Son is known for bold decisions and has spoken, without irony, about his 300-year plan for SoftBank and aims to build the world’s most valuable company. His Vision Fund has raised $93 billion for tech investments, winning backing from Saudi Arabia, Abu Dhabi, as well as Apple Inc. and Qualcomm Inc.

Last year, SoftBank paid $32 billion for chipmaker ARM Holdings in a bet on the nascent concept known as the Internet of Things, while he has committed billions to ride-sharing services such as Didi Chuxing in China and Southeast Asia’s Grab.

U.S. cable and wireless carriers have been circling each other as more consumers watch video and access the internet on mobile devices. By combining, companies like Charter and Sprint could offer a full suite of telecommunications services to customers, from home broadband internet to wireless plans, and compete head-to-head with the packages sold by phone giants AT&T Inc. and Verizon Communications Inc.

Since the end of May, Charter and Comcast Corp. had been in exclusive talks with Sprint over possible deals, including one that would allow the cable companies to resell wireless service under their own brands.

The exclusivity ended this week, and Charter has decided against a reselling deal with Sprint, according to another person familiar with the matter, who asked not to be identified discussing private information.

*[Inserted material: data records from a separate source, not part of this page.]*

-- ===== src/Proxy/Health.antt =====
-- What `UpdateTargetHealth` does to the targets of a service.
use corridor.Prelude.{
  ℕ, ◌≡◌, refl, ◌∙◌, ap, inl, inr, List, [], ◌∷◌, Option, none, some, Bool, arith, Bool-cases,
  if◌then◌else◌, eqb,
}
use corridor.Prelude.Text.{Text, ◌==◌}
use corridor.Prelude.Dict.{lookup}
use corridor.LoadBalancer.Target.{Url, Store, set_health, is_healthy, is_healthy-set_health}
use corridor.LoadBalancer.Next.{
  LoadBalancer, round_robin, random, weighted_random, least_connections, targets,
}
use corridor.Proxy.{Balancers, update_first, update_balancer, update_found, update_target_health}

-- The address of the first target with the URL.
unfoldable pub first_with : (Url → Text) → Text → Store → List ℕ → Option ℕ
first_with url_string u h [] = none
first_with url_string u h (a ∷ ts) =
    let rest = first_with url_string u h ts in
    if url_string (h.cell a).url == u then some a else rest

abbrev pub set_first : Bool → Option ℕ → Store → Store
set_first healthy none h = h
set_first healthy (some a) h = set_health healthy a h

pub update_first-first_with :
    (url_string : Url → Text) (u : Text) (healthy : Bool) (ts : List ℕ) (h : Store)
    → update_first url_string u healthy ts h ≡ set_first healthy (first_with url_string u h ts) h
unfolding update_first first_with
update_first-first_with url_string u healthy [] h = refl
update_first-first_with url_string u healthy (a ∷ ts) h =
    elim (Bool-cases (url_string (h.cell a).url == u)) [
      | inl here ↦ rw here refl
      | inr there ↦ rw there (update_first-first_with url_string u healthy ts h)
    ]

-- Whether the balancer's health can be updated at all.
abbrev pub IsUpdatable : LoadBalancer → Type 0
IsUpdatable (round_robin name ts i) = Unit {0}
IsUpdatable (random name ts) = Unit {0}
IsUpdatable (weighted_random name ts) = ⊥
IsUpdatable (least_connections name ts) = ⊥

update_balancer_updatable :
    (url_string : Url → Text) (u : Text) (healthy : Bool) (lb : LoadBalancer) (h : Store)
    → IsUpdatable lb
    → update_balancer url_string u healthy lb h
      ≡ set_first healthy (first_with url_string u h (targets lb)) h
unfolding update_balancer
update_balancer_updatable url_string u healthy (round_robin name ts i) h up =
    update_first-first_with url_string u healthy ts h
update_balancer_updatable url_string u healthy (random name ts) h up =
    update_first-first_with url_string u healthy ts h
update_balancer_updatable url_string u healthy (weighted_random name ts) h up = absurd up
update_balancer_updatable url_string u healthy (least_connections name ts) h up = absurd up

-- For a service with a round-robin or a random balancer an update gives the new health to the
-- first of the balancer's targets with the URL, and leaves the health of every other target as it
-- was.
pub update_target_health-is_healthy :
    (url_string : Url → Text) (lbs : Balancers) (service u : Text) (healthy : Bool) (h : Store)
    (lb : LoadBalancer) (a b : ℕ)
    → lookup service lbs ≡ some lb
    → IsUpdatable lb
    → first_with url_string u h (targets lb) ≡ some a
    → is_healthy (update_target_health url_string lbs service u healthy h) b
      ≡ (if eqb a b then healthy else is_healthy h b)
unfolding update_target_health
update_target_health-is_healthy url_string lbs service u healthy h lb a b known up first =
    ap (λ k. is_healthy k b)
      (ap (λ o. update_found url_string u healthy o h) known
        ∙ update_balancer_updatable url_string u healthy lb h up
        ∙ ap (λ o. set_first healthy o h) first)
    ∙ is_healthy-set_health healthy a b h

update_balancer_ignored :
    (url_string : Url → Text) (u : Text) (healthy : Bool) (lb : LoadBalancer) (h : Store)
    → ¬ IsUpdatable lb
    → update_balancer url_string u healthy lb h ≡ h
unfolding update_balancer
update_balancer_ignored url_string u healthy (round_robin name ts i) h no_case = absurd (no_case tt)
update_balancer_ignored url_string u healthy (random name ts) h no_case = absurd (no_case tt)
update_balancer_ignored url_string u healthy (weighted_random name ts) h no_case = refl
update_balancer_ignored url_string u healthy (least_connections name ts) h no_case = refl

-- For a service with a weighted or a least-connections balancer an update changes nothing.
pub update_target_health_ignored :
    (url_string : Url → Text) (lbs : Balancers) (service u : Text) (healthy : Bool) (h : Store)
    (lb : LoadBalancer)
    → lookup service lbs ≡ some lb
    → ¬ IsUpdatable lb
    → update_target_health url_string lbs service u healthy h ≡ h
unfolding update_target_health
update_target_health_ignored url_string lbs service u healthy h lb known no_case =
    ap (λ o. update_found url_string u healthy o h) known
    ∙ update_balancer_ignored url_string u healthy lb h no_case

-- An update in the form of one write.
pub update_target_health_first :
    (url_string : Url → Text) (lbs : Balancers) (service u : Text) (healthy : Bool) (h : Store)
    (lb : LoadBalancer) (a : ℕ)
    → lookup service lbs ≡ some lb
    → IsUpdatable lb
    → first_with url_string u h (targets lb) ≡ some a
    → update_target_health url_string lbs service u healthy h ≡ set_health healthy a h
unfolding update_target_health
update_target_health_first url_string lbs service u healthy h lb a known up first =
    ap (λ o. update_found url_string u healthy o h) known
    ∙ update_balancer_updatable url_string u healthy lb h up
    ∙ ap (λ o. set_first healthy o h) first

set_health-url :
    (healthy : Bool) (a b : ℕ) (h : Store) → ((set_health healthy a h).cell b).url ≡ (h.cell b).url
unfolding set_health
set_health-url healthy a b h = ground arith

-- Health is no part of what an update looks for.
pub first_with-set_health :
    (url_string : Url → Text) (u : Text) (healthy : Bool) (a : ℕ) (h : Store) (ts : List ℕ)
    → first_with url_string u (set_health healthy a h) ts ≡ first_with url_string u h ts
unfolding first_with
first_with-set_health url_string u healthy a h [] = refl
first_with-set_health url_string u healthy a h (b ∷ ts) =
    rw (set_health-url healthy a b h, first_with-set_health url_string u healthy a h ts) refl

“Overall our view is that Charter likely does not want to sell, but that SoftBank is one of the few companies that could put a bid in big enough to take control,” analysts at JPMorgan Chase & Co., led by Philip Cusick, said in a note. “While we don’t see a deal as very likely, especially given later headlines that Charter is cool to the idea, Masa is never to be counted out as a buyer.”

A combination of Sprint and Charter would put together the fourth-largest U.S. wireless carrier with the No. 2 U.S. cable company. Sprint, based in Overland Park, Kansas, has a market value of almost $33 billion and even more in long-term debt -- putting pressure on Son to make a deal as Sprint’s losses mount and bond maturities approach.

JPMorgan estimates synergies from combining Sprint with Charter at about $2 billion a year.Exclusive insights on technology around the world.

Son has also been considering merging Sprint with T-Mobile US Inc., the third-biggest U.S. wireless carrier. Sprint has argued publicly that a merger with T-Mobile makes sense because it would create a bigger wireless carrier to take on larger competitors AT&T and Verizon. But a surge in the value of Sprint’s wireless spectrum holdings persuaded executives to consider other deals, too, Bloomberg reported in April.

Charter has a separate pact with Comcast that could complicate a deal with Sprint. The cable companies agreed in May to work together on any transaction with a wireless company in the next year. That means if Charter changes its mind and decides to merge with Sprint, Comcast would have a say in the matter.

Charter has long-term debt of more than $63 billion. Its revenue totaled $40.8 billion in the past year.

Cable billionaire John Malone holds a 21 percent stake in Charter through his Liberty Broadband Corp. Son has also met with Malone and Warren Buffett about making potential investments in Sprint, a person familiar with the matter said earlier this month.